Your instructions:
The entries below contain a line with "-- theirs, as" and a line with "(suc k)) rs in". Quote exactly those two lines and all lines between them.

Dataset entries
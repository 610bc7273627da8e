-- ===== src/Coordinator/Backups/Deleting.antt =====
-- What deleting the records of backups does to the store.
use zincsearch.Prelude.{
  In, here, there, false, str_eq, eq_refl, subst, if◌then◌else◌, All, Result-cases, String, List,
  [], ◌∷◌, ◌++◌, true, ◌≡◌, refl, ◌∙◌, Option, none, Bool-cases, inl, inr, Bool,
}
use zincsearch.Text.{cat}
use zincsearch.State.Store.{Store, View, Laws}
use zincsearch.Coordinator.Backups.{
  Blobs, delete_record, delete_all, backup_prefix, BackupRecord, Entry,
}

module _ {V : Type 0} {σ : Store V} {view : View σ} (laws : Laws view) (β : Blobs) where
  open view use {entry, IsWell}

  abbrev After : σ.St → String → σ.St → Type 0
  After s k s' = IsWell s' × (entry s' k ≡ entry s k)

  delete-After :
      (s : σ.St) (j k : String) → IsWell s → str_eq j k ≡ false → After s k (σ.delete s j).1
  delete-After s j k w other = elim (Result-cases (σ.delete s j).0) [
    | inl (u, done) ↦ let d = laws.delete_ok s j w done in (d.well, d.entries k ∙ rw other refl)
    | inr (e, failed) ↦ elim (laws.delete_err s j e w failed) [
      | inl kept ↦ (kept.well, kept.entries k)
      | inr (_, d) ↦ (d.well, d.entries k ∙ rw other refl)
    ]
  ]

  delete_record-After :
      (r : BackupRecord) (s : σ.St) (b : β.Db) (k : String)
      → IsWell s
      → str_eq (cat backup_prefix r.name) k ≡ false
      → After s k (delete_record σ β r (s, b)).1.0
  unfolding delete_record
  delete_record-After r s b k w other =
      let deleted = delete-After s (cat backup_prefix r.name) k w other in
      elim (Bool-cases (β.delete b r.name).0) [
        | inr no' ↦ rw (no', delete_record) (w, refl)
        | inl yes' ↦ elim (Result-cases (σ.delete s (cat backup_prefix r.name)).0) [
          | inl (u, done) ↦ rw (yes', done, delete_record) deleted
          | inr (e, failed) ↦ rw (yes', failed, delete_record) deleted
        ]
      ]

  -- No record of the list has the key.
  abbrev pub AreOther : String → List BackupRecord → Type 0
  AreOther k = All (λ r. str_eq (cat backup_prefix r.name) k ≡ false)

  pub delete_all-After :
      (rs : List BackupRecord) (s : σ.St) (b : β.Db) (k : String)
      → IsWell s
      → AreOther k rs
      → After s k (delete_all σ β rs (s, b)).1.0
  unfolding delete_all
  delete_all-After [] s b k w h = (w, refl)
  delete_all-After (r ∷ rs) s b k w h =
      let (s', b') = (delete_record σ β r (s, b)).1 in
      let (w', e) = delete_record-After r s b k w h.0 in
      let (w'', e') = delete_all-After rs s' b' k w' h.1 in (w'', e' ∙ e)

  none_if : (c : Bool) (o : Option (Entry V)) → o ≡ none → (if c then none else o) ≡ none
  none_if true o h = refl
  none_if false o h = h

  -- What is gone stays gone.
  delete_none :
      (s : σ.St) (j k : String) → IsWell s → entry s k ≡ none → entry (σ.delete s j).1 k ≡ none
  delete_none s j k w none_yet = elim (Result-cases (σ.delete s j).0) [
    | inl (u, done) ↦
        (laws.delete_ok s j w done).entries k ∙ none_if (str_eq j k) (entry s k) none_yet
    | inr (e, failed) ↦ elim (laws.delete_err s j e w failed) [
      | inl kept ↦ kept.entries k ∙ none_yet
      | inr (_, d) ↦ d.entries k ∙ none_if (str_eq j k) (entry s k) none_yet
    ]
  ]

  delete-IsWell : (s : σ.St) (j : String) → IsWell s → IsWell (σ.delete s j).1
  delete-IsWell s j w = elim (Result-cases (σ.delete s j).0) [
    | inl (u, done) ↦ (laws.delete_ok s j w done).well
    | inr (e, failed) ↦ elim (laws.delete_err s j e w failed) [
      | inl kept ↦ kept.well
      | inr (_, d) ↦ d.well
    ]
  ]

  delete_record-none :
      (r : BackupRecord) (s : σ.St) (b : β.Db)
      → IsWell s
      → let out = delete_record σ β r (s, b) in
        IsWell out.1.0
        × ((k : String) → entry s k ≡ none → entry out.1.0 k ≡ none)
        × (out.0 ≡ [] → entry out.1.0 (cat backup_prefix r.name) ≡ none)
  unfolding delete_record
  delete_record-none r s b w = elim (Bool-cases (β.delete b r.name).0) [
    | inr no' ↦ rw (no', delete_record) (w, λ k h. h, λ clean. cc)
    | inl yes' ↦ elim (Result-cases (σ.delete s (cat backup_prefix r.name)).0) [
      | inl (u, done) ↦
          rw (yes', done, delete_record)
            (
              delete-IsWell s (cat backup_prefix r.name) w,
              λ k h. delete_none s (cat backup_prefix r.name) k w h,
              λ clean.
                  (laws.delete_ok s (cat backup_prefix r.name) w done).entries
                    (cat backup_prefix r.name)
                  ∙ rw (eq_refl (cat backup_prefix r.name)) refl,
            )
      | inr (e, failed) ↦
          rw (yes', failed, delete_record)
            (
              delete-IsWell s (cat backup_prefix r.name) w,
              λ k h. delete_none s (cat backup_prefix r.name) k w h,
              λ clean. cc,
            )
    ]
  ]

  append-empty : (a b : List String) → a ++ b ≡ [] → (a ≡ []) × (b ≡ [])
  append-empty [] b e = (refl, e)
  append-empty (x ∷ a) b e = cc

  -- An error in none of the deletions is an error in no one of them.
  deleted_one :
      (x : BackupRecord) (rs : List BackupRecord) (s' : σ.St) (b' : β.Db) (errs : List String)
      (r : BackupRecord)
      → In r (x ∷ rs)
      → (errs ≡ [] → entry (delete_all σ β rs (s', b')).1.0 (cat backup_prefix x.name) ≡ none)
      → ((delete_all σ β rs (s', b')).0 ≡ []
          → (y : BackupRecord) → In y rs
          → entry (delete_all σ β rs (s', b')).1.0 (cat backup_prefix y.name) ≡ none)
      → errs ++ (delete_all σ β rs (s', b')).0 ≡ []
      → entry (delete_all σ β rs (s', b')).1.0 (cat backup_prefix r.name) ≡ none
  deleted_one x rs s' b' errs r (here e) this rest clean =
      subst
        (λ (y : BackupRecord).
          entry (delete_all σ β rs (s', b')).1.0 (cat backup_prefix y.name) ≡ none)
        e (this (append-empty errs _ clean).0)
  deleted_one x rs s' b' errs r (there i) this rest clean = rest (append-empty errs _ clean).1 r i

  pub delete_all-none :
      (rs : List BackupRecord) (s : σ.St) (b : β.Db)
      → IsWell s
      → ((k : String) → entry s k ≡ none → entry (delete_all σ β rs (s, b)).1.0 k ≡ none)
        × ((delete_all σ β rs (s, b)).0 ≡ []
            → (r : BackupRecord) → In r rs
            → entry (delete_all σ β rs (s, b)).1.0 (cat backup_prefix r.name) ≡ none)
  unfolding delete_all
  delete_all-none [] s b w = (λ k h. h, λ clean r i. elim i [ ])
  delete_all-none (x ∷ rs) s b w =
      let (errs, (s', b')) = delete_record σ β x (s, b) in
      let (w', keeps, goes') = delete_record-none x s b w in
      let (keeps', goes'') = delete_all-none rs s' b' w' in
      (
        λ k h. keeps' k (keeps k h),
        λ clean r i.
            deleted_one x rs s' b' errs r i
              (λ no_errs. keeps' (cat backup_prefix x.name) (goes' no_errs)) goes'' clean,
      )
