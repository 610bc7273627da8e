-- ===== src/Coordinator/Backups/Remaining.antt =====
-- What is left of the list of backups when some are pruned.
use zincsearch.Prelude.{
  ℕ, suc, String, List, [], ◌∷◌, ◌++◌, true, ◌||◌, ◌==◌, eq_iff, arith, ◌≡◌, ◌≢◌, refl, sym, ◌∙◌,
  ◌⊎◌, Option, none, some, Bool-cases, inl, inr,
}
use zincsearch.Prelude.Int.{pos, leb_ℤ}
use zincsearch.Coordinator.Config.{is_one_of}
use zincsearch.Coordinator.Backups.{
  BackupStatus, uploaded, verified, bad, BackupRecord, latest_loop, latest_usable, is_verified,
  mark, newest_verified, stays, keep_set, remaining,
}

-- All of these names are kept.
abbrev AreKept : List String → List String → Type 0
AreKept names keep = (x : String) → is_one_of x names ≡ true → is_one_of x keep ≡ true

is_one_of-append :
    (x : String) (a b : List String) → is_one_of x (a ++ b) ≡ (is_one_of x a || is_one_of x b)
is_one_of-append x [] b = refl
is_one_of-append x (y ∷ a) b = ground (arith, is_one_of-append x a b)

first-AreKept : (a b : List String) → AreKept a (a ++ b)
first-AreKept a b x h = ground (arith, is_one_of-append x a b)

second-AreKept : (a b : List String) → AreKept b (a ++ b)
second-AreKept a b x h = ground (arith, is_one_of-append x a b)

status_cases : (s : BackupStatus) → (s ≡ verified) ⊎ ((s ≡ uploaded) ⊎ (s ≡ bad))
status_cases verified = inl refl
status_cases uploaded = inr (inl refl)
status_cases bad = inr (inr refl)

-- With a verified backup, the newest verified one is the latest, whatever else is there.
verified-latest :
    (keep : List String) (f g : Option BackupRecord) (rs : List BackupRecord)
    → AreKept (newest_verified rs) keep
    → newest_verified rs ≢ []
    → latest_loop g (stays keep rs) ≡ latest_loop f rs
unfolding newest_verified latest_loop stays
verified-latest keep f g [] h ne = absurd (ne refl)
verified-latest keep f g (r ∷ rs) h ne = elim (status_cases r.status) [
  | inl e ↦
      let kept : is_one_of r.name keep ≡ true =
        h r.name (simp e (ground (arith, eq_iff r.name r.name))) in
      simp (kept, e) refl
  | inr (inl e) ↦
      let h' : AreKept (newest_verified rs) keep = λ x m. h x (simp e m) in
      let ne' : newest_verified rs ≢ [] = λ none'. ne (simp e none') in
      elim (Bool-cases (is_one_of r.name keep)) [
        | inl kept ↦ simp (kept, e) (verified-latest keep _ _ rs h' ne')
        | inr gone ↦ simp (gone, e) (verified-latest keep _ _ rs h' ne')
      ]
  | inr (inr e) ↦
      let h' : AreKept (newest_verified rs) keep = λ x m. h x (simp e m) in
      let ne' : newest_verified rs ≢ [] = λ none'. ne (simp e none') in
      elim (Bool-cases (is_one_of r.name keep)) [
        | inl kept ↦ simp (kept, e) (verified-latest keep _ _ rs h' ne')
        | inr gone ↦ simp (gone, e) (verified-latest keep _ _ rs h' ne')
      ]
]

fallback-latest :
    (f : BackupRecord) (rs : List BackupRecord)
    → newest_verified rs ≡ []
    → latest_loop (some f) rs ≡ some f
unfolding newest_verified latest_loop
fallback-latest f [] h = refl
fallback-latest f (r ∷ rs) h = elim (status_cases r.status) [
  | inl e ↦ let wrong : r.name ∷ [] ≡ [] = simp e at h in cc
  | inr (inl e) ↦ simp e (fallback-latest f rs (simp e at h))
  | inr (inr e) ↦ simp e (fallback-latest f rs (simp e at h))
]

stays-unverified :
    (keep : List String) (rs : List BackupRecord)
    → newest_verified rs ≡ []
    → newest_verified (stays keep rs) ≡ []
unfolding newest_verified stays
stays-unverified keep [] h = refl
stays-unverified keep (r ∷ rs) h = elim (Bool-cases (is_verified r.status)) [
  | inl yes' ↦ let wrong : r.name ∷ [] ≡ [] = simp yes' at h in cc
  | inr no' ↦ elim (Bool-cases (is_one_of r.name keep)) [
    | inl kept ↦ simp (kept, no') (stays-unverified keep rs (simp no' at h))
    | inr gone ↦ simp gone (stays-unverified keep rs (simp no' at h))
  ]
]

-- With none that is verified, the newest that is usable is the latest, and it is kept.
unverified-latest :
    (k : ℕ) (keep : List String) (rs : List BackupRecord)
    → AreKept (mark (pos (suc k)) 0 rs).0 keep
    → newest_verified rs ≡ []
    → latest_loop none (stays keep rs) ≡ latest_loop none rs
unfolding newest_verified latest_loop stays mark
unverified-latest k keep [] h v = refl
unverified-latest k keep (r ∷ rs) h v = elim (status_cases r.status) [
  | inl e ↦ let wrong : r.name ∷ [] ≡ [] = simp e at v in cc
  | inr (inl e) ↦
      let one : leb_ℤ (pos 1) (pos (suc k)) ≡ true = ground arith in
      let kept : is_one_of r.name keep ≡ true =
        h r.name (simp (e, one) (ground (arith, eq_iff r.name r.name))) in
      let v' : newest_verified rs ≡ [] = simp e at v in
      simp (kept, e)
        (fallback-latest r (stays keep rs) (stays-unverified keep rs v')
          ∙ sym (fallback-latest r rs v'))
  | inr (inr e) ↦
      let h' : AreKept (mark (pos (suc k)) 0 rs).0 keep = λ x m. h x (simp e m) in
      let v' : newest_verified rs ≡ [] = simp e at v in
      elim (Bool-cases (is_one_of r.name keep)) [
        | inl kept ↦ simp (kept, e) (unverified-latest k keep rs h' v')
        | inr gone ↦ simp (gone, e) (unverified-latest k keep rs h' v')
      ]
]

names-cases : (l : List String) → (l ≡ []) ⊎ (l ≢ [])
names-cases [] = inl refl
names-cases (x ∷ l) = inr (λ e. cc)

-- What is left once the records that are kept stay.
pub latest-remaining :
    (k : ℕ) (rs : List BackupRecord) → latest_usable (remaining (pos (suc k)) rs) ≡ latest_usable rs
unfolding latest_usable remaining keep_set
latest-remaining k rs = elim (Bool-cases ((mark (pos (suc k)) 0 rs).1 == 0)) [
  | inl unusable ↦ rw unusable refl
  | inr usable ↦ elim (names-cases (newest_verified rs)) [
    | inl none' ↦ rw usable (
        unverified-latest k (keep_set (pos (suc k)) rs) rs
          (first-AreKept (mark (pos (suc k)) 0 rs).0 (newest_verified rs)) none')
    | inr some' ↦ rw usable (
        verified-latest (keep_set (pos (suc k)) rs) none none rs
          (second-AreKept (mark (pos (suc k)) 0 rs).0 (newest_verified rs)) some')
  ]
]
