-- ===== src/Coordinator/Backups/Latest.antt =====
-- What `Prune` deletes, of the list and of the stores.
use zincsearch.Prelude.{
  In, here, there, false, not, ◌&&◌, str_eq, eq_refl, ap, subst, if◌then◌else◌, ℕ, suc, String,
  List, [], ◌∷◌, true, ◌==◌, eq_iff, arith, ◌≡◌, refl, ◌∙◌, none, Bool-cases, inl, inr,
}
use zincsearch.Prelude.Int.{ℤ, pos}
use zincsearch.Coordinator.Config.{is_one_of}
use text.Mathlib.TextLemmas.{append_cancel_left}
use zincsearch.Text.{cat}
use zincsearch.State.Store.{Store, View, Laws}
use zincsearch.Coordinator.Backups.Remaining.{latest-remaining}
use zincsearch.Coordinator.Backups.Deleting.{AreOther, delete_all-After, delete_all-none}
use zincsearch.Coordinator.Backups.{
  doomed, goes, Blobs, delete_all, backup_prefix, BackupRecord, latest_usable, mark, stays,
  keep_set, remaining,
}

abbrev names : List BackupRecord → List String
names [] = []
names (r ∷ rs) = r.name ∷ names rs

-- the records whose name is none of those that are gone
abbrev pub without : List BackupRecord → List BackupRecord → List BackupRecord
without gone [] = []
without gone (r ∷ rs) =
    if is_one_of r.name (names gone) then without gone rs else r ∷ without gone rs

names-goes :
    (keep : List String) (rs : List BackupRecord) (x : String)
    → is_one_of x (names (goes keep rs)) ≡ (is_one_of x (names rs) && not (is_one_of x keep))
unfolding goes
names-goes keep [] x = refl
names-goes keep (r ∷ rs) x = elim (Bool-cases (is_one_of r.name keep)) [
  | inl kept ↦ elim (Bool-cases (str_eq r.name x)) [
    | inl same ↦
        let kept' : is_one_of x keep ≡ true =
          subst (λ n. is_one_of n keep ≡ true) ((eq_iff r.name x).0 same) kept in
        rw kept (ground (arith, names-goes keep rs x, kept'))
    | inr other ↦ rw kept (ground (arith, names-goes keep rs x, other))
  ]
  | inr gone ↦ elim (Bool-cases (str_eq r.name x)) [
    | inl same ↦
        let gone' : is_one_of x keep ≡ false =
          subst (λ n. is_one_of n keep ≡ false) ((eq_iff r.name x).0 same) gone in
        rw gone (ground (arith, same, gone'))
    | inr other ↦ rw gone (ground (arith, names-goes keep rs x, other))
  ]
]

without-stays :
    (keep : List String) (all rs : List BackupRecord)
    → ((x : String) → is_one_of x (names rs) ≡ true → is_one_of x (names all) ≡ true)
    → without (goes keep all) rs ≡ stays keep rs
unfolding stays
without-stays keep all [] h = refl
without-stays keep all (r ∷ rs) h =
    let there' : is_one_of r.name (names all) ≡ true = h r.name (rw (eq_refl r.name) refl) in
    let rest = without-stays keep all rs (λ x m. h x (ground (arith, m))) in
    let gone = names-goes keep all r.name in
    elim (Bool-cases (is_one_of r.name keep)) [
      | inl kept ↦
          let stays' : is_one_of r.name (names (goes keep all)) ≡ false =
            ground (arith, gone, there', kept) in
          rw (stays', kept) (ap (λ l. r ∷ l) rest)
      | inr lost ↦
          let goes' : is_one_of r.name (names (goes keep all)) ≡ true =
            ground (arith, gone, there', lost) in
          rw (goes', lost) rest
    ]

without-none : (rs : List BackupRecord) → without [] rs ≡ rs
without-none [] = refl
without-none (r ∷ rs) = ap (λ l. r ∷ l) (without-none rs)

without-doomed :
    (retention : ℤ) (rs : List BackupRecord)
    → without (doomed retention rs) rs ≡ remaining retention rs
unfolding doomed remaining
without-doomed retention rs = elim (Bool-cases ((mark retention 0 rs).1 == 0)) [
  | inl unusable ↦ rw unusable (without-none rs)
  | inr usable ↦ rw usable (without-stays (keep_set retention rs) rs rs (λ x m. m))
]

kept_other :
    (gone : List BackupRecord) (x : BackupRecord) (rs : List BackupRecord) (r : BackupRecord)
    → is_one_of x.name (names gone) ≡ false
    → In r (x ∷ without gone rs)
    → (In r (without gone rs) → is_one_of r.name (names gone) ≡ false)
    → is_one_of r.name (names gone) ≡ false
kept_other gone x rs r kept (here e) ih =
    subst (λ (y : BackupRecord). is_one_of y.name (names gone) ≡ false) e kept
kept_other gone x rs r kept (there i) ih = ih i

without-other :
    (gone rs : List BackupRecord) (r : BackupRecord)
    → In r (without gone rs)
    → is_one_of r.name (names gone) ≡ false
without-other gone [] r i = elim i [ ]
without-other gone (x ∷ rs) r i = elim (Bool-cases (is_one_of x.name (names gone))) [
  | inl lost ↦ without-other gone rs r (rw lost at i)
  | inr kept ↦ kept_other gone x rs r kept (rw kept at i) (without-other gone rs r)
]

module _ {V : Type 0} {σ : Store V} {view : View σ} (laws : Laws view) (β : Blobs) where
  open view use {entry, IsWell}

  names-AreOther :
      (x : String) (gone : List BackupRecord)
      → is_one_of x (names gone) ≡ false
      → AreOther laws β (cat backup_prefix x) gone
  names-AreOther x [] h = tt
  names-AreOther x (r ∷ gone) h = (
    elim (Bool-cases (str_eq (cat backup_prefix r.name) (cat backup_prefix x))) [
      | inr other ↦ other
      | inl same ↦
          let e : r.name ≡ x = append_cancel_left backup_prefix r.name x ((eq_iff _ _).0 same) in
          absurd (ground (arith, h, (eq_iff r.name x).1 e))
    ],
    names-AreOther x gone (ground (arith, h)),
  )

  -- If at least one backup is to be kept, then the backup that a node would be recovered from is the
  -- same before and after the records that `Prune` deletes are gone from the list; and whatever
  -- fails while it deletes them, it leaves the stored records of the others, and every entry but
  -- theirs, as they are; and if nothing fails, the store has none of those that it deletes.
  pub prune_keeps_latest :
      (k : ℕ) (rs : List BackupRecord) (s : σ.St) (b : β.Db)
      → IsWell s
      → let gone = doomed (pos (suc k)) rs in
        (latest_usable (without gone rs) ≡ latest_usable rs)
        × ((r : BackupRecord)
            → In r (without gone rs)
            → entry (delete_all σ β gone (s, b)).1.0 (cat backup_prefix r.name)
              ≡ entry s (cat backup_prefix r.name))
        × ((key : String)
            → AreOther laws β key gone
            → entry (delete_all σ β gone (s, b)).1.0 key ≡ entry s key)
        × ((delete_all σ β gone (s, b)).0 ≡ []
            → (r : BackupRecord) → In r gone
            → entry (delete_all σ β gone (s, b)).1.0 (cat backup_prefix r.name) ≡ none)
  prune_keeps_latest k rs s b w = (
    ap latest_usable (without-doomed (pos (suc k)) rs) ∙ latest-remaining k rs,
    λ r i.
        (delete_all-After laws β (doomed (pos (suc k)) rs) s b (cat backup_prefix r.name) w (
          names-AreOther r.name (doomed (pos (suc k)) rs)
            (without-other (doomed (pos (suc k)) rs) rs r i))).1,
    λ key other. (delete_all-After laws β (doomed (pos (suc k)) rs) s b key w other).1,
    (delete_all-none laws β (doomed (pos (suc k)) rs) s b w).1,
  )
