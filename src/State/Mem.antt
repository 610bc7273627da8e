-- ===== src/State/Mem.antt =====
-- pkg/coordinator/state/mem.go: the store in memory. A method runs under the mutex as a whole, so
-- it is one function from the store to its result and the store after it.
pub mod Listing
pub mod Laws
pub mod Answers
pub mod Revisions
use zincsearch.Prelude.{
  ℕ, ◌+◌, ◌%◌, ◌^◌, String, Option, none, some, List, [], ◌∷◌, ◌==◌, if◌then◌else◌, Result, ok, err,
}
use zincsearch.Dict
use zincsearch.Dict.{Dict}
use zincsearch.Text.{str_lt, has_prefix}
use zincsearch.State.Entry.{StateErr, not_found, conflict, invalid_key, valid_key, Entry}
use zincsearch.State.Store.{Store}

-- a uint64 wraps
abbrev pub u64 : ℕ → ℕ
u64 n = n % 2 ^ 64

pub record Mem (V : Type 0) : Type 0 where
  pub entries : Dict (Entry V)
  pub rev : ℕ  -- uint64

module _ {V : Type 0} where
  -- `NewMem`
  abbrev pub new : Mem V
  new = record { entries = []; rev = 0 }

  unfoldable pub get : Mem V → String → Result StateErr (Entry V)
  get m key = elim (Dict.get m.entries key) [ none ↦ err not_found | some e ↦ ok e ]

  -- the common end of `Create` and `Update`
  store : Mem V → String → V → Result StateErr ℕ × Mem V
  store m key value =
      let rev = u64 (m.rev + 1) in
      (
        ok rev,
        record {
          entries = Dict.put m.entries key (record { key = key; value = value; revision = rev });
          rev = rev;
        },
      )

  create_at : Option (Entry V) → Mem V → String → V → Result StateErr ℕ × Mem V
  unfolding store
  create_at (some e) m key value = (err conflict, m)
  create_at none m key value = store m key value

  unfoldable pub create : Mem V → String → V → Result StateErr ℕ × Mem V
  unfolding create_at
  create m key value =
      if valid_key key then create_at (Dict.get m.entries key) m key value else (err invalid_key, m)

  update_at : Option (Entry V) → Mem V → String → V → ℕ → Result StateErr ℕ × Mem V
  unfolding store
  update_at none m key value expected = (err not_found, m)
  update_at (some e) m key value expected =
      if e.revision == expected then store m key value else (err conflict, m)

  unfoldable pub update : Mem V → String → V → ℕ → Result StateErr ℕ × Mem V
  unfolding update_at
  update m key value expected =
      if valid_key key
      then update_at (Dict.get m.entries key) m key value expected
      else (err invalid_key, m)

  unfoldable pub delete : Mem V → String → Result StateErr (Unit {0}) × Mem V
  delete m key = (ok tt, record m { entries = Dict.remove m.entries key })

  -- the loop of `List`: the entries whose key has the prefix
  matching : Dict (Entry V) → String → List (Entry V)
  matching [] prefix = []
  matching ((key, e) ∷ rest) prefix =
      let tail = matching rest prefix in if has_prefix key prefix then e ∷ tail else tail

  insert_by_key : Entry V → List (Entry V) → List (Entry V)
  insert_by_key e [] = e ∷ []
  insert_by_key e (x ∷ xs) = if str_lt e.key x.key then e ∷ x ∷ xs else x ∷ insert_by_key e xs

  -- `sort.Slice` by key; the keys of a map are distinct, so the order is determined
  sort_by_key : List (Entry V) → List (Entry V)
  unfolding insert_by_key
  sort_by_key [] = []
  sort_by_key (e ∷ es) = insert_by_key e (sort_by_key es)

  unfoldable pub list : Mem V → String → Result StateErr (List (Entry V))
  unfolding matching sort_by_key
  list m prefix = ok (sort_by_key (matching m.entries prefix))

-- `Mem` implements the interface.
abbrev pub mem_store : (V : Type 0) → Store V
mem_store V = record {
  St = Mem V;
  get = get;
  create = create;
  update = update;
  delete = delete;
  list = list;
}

Response:
  -- theirs, as they are; and if nothing fails, the store has none of those that it deletes.
  pub prune_keeps_latest :
      (k : ℕ) (rs : List BackupRecord) (s : σ.St) (b : β.Db)
      → IsWell s
      → let gone = doomed (pos (suc k)) rs in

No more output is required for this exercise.